Keener and deeper understanding of emerging users is becoming a defacto method for new product development. Statistics, though being a backbone of any decision, has now found a competent partner in qualitative research methods. This rapidly changing scenario affected Onio in several ways.

ONE: Our team had to constantly remain under ‘hyper-learning mode’. I don’t understand how an established company in this field claim that they have a ‘process’ for innovation that is ‘tried and tested’ over decades. Knowledge gets obsolete faster than the computer chips! Our team had to struggle its way through the methods learnt at college which were antique at best, to grapple with emerging technologies, consumers, socio-cultural scenario, evolving clients, new tax regimes and often, far-off travel.
TWO: We realized that innovation is not a one-way process. It is not about hiring an agency, and ‘fill it, shut it, forget it’. It is about constantly working WITH the agency. Hence a good innovation project is about equally dependent capabilities of the ‘handler’ as much as the capabilities of the consulting team. Often we have seen mid-course corrections in the briefs. No word, even if coming from the head of the company, is sacrosanct, in a world dominated by consumer voice today. Working closely with all the stakeholders is the only reality.
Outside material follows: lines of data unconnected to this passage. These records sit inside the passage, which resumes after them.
-- ===== src/Client/Program/Examples.antt =====
-- The client's session on the toy platform.
use mefsc.Common.{ℕ, ◌≡◌, ◌++◌, refl, false, some, List, [], ◌∷◌, arith, le_bytes, replicate}
use mefsc.Constants.{minus, ack_fail, ack_suc, confusion, no_action, new_action}
use mefsc.Keys.{client_crypt_gen}
use mefsc.Session.Frames.{frame}
use mefsc.Platform.{W}
use mefsc.Platform.Toy.{toy, view, reliable, sound, prompt, world, seen, answer}
use mefsc.Outcome.{Outcome}
use mefsc.Session.{wrap_and_send}
use mefsc.Session.Toy.{key, nonce}
use mefsc.Transfer.Messages.{Messages}
use mefsc.Server.{random_bytes}
use mefsc.Client.{CommsAgent, notify_server_of_action}
use mefsc.Client.Upload.{set_crypto, new_sender}
use mefsc.Client.Program.{
  Turn, StaleClient, send_credentials, is_intention, perform, turn, last_words, go_on, turns_of,
  authed_comms, client,
}
use mefsc.Client.Program.Refused.{send_credentials-refused}
use mefsc.Client.Program.Sessions.{Asked, turns_of-Asked}
use mefsc.Client.Program.Whole.{Ran, client-Ran}
use mefsc.Client.Program.Toy.{
  stale_client, stale_client-IsClient, turns, replies, down, carries, disk, suits,
}

-- The answer of one signal, and then the status.
abbrev refused : W
refused = world (le_bytes 4 ack_fail ++ (1 ∷ [])) 1

send_credentials-refused_example :
    (w : W) × (bytes : List ℕ) × (send_credentials 40 key (97 ∷ []) (98 ∷ []) nonce refused
      ≡ Outcome.leave (minus 1) w)
    × Messages key ((97 ∷ 0 ∷ []) ∷ (98 ∷ 0 ∷ []) ∷ []) bytes
    × (w.sock.outbox ≡ bytes)
send_credentials-refused_example =
    send_credentials-refused sound view reliable 40 key (97 ∷ []) (98 ∷ []) nonce (1 ∷ []) refused
      refl (omega arith) (omega arith) refl

abbrev agent : CommsAgent
agent = record { client_tx = key; client_rx = key }

abbrev stale : StaleClient
stale = record { key = []; int = 5; header = []; salt = [] }

abbrev invalid : Turn
invalid = record { intention = 7; file_name = []; again = false }

-- An invalid intention: the two notices, and no intention.
not_sent :
    seen (authed_comms 40 1 stale agent (98 ∷ []) (invalid ∷ []) nonce (world [] 0))
    ≡ some (
      0,
      answer 5 (le_bytes 4 new_action)
          ++ frame (7 ∷ replicate 7 5) (le_bytes 4 no_action ++ replicate 16 0),
    )
unfolding authed_comms turns_of turn go_on perform is_intention last_words notify_server_of_action
    new_sender set_crypto random_bytes wrap_and_send le_bytes
not_sent = refl

-- The intention that stands for confusion: the status is -1, and the server is not told.
confused :
    seen (
      authed_comms 40 1 stale agent
        (98 ∷ [])
        (record invalid { intention = confusion } ∷ [])
        nonce
        (world [] 0))
    ≡ some (minus 1, answer 5 (le_bytes 4 new_action))
unfolding authed_comms turns_of turn go_on perform is_intention notify_server_of_action new_sender
    set_crypto random_bytes wrap_and_send le_bytes
confused = refl

-- A server that hangs up before it has sent its key.
no_keys : seen (client 40 1 stale [] [] [] (world [] 0)) ≡ some (1, replicate 32 7)
unfolding client client_crypt_gen
no_keys = refl

-- The replies to an upload and a listing.
abbrev answered : W
answered = record (world (down ++ (1 ∷ [])) 1) { disk = disk }

turns_of-Asked_example :
    Asked sound view reliable 70000 5 stale_client agent
      (98 ∷ [])
      turns
      replies
      nonce
      answered
      (1 ∷ [])
      disk
turns_of-Asked_example =
    turns_of-Asked sound view reliable 70000 5 stale_client agent (98 ∷ []) turns replies nonce
      (1 ∷ []) answered suits (carries key) refl stale_client-IsClient refl (omega arith)

-- The same behind the server's key and its acceptance.
abbrev accepted : W
accepted = record (world (replicate 32 7 ++ (le_bytes 4 ack_suc ++ (down ++ (1 ∷ [])))) 0) {
  disk = disk;
  rng = 9;
}

client-Ran_example :
    Ran sound view reliable prompt 70000 5 stale_client
      (replicate 32 7 ++ replicate 32 9)
      (97 ∷ [])
      (98 ∷ [])
      turns
      replies
      accepted
      (1 ∷ [])
      disk
client-Ran_example =
    client-Ran sound view reliable prompt 70000 5 stale_client (replicate 32 7)
      (replicate 32 9 ++ replicate 32 7) (replicate 32 7 ++ replicate 32 9) (97 ∷ []) (98 ∷ [])
      (1 ∷ []) turns replies accepted refl refl (omega arith) (omega arith) suits
      (carries (replicate 32 9 ++ replicate 32 7)) stale_client-IsClient refl refl (omega arith)
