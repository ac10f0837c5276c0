-- ===== src/Client/Startup.antt =====
-- src/client/client.cpp, `main` up to the key exchange. The system calls are parameters; `false` is a call
-- that fails.
mod Examples
use mefsc.Common.{
  ℕ, ◌≡◌, refl, ap, Bool, true, false, Option, none, some, List, [], ◌∷◌, Bool-cases, Option-cases,
  inl, inr,
}
use mefsc.CText.{codes}
use mefsc.Outcome.{M, Outcome, bind, pure, or_return, ◌>>=◌, ◌>>◌}

-- The calls on the operating system. `socket` answers the `int` that it returns.
pub record Calls : Type 1 where
  pub Kernel : Type 0
  pub Address : Type 0
  pub socket : Kernel → ℕ × Kernel
  pub inet_pton : List ℕ → Option Address
  pub bind_address : ℕ → Address → Kernel → Bool × Kernel
  pub connect : ℕ → Address → Kernel → Bool × Kernel

-- The first argument, and "127.0.0.1" if there is none.
pub server_ip : List (List ℕ) → List ℕ
server_ip [] = codes "127.0.0.1"
server_ip (ip ∷ args) = ip

-- The second argument is an address to bind to.
pub source_ip : List (List ℕ) → Option (List ℕ)
source_ip (ip ∷ source ∷ args) = some source
source_ip args = none

module _ (calls : Calls) where
  open calls use {Kernel, Address}

  new_socket : M Kernel ℕ
  new_socket k = Outcome.next (calls.socket k).0 (calls.socket k).1

  bind_or_return : ℕ → Address → M Kernel (Unit {0})
  bind_or_return sock address k = elim (calls.bind_address sock address k).0 [
    | true ↦ Outcome.next tt (calls.bind_address sock address k).1
    | false ↦ Outcome.leave 1 (calls.bind_address sock address k).1
  ]

  bind_source : ℕ → Option (List ℕ) → M Kernel (Unit {0})
  unfolding bind_or_return
  bind_source sock none = pure tt
  bind_source sock (some source) = or_return (calls.inet_pton source) 1 >>= bind_or_return sock

  -- The result of `connect` is not looked at.
  connect_to : ℕ → Address → M Kernel (Unit {0})
  connect_to sock address k = Outcome.next tt (calls.connect sock address k).1

  -- From the arguments after the program's name to the socket of the connection.
  pub set_up : List (List ℕ) → M Kernel ℕ
  unfolding new_socket bind_source connect_to
  set_up args = do
    sock ← new_socket
    address ← or_return (calls.inet_pton (server_ip args)) 1
    bind_source sock (source_ip args)
    connect_to sock address
    pure sock

  -- How it may end from a state of the kernel.
  pub data Started (args : List (List ℕ)) (k : Kernel) : Outcome Kernel ℕ → Type 0 where
    no_server :
        calls.inet_pton (server_ip args) ≡ none
        → Started args k (Outcome.leave 1 (calls.socket k).1)
    no_source :
        {source : List ℕ} {address : Address}
        → calls.inet_pton (server_ip args) ≡ some address
        → source_ip args ≡ some source
        → calls.inet_pton source ≡ none
        → Started args k (Outcome.leave 1 (calls.socket k).1)
    not_bound :
        {k' : Kernel} {source : List ℕ} {address from : Address}
        → calls.inet_pton (server_ip args) ≡ some address
        → source_ip args ≡ some source
        → calls.inet_pton source ≡ some from
        → calls.bind_address (calls.socket k).0 from (calls.socket k).1 ≡ (false, k')
        → Started args k (Outcome.leave 1 k')
    tried_unbound :
        {k' : Kernel} {address : Address} (connected : Bool)
        → calls.inet_pton (server_ip args) ≡ some address
        → source_ip args ≡ none
        → calls.connect (calls.socket k).0 address (calls.socket k).1 ≡ (connected, k')
        → Started args k (Outcome.next (calls.socket k).0 k')
    tried_bound :
        {k' k'' : Kernel} {source : List ℕ} {address from : Address} (connected : Bool)
        → calls.inet_pton (server_ip args) ≡ some address
        → source_ip args ≡ some source
        → calls.inet_pton source ≡ some from
        → calls.bind_address (calls.socket k).0 from (calls.socket k).1 ≡ (true, k')
        → calls.connect (calls.socket k).0 address k' ≡ (connected, k'')
        → Started args k (Outcome.next (calls.socket k).0 k'')

  -- With the server's address at hand.
  source-Started :
      (args : List (List ℕ)) (address : Address) (k : Kernel)
      → calls.inet_pton (server_ip args) ≡ some address
      → Started args k (
          bind
            (bind_source (calls.socket k).0 (source_ip args) (calls.socket k).1)
            λ u. connect_to (calls.socket k).0 address >> pure (calls.socket k).0)
  unfolding bind_source bind_or_return connect_to
  source-Started args address k e =
      let sock : ℕ = (calls.socket k).0 in
      let k1 : Kernel = (calls.socket k).1 in
      elim (Option-cases (source_ip args)) [
        | inl none_given ↦
            rw none_given (tried_unbound (calls.connect sock address k1).0 e none_given refl)
        | inr (source, given) ↦ elim (Option-cases (calls.inet_pton source)) [
          | inl wrong ↦ rw (given, wrong) (no_source e given wrong)
          | inr (from, right) ↦
              let k2 : Kernel = (calls.bind_address sock from k1).1 in
              elim (Bool-cases (calls.bind_address sock from k1).0) [
                | inl t ↦
                    rw (given, right, t, bind_or_return)
                      (tried_bound (calls.connect sock address k2).0 e given right
                        (ap (λ b. (b, k2)) t) refl)
                | inr f ↦
                    rw (given, right, f, bind_or_return)
                      (not_bound e given right (ap (λ b. (b, k2)) f))
              ]
        ]
      ]

  pub set_up-Started : (args : List (List ℕ)) (k : Kernel) → Started args k (set_up args k)
  unfolding set_up new_socket
  set_up-Started args k = elim (Option-cases (calls.inet_pton (server_ip args))) [
    | inl wrong ↦ rw wrong (no_server wrong)
    | inr (address, right) ↦ rw right (source-Started args address k right)
  ]
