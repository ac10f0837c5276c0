-- ===== src/Client/Startup/Examples.antt =====
-- A start where the server does not answer.
use mefsc.Common.{ℕ, ◌+◌, ◌≡◌, refl, true, false, Option, none, some, List, [], ◌∷◌}
use mefsc.CText.{codes}
use mefsc.Outcome.{Outcome}
use mefsc.Client.Startup.{
  Calls, Started, set_up, new_socket, bind_source, bind_or_return, connect_to, server_ip, source_ip,
  set_up-Started,
}

abbrev parsed : List ℕ → Option (List ℕ)
parsed [] = none
parsed (c ∷ text) = some (c ∷ text)

-- The kernel counts the calls.
abbrev calls : Calls
calls = record {
  Kernel = ℕ;
  Address = List ℕ;
  socket = λ k. (3, k + 1);
  inet_pton = parsed;
  bind_address = λ sock address k. (true, k + 1);
  connect = λ sock address k. (false, k + 1);
}

-- The second address is bound to first.
abbrev two_addresses : List (List ℕ)
two_addresses = codes "10.0.0.1" ∷ codes "10.0.0.2" ∷ []

set_up-Started_example : Started calls two_addresses 0 (set_up calls two_addresses 0)
set_up-Started_example = set_up-Started calls two_addresses 0

-- `main` goes on without a connection.
goes_on : set_up calls [] 0 ≡ Outcome.next 3 2
unfolding set_up new_socket bind_source bind_or_return connect_to server_ip source_ip
goes_on = refl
THREE: There are no shortcuts on the hyper-busy route to innovation. Long experience, digital simulations, imported technology, media power, Chinese connections or an expat CEO- none can hasten the evolution of a winning idea. They can surely soften the impact of early failure but user insights, systems thinking and constant prototyping are some time-tested methods which take their own time.
FOUR: All it takes is ONE primed and energised mind to lead the light in the innovation projects. It may sound contradictory to co-creation, team work, collaboration etc. but it is not. In times of information hyper-flux, organised innovation is still a single-lead challenge only to be supported by other stakeholders. In order to cut the multiple options at a given point of time in the innovations process, real synthesis can only be precipitated by this one mind.

FIVE: Real innovation is only complete with beautiful looks. India, a country obsessed with ‘functionality’ and ‘value for money’ is often misread as a market that does not pay for ‘good looks’. Several failures of products like Renault’s Logan car and insights from several of our own researches prove that the Indian market gets over the initial flush of low price and decent functionality much faster than businesses think. Infact, ‘decent functionality with dashing looks’ (or DFDL) is my understanding for guiding the future innovations for ‘emerging markets’.
FINALLY: Fourteen years is all about a ‘new teenager in town’. In the world of modern design and innovation which has luminaries starting from Leonardo da Vinci, fourteen years are really nothing. Each day, new start-ups are being born out of new energy and confidence of emerging India. Everyday, new stories of ‘stay hungry, stay foolish’ are polishing new beautiful minds. Onio is a small flicker in the illumined new world of innovation. Innovation always makes some people live better lives, generates wealth for many and makes certain societies and countries stand up and be counted. Onio however, believes that it is time for a ‘balanced call now’. In the years to come, when the teenager takes a little walk around the town, hopefully he will mature into a fine human being who is compassionate, intelligent, courageous and forward looking.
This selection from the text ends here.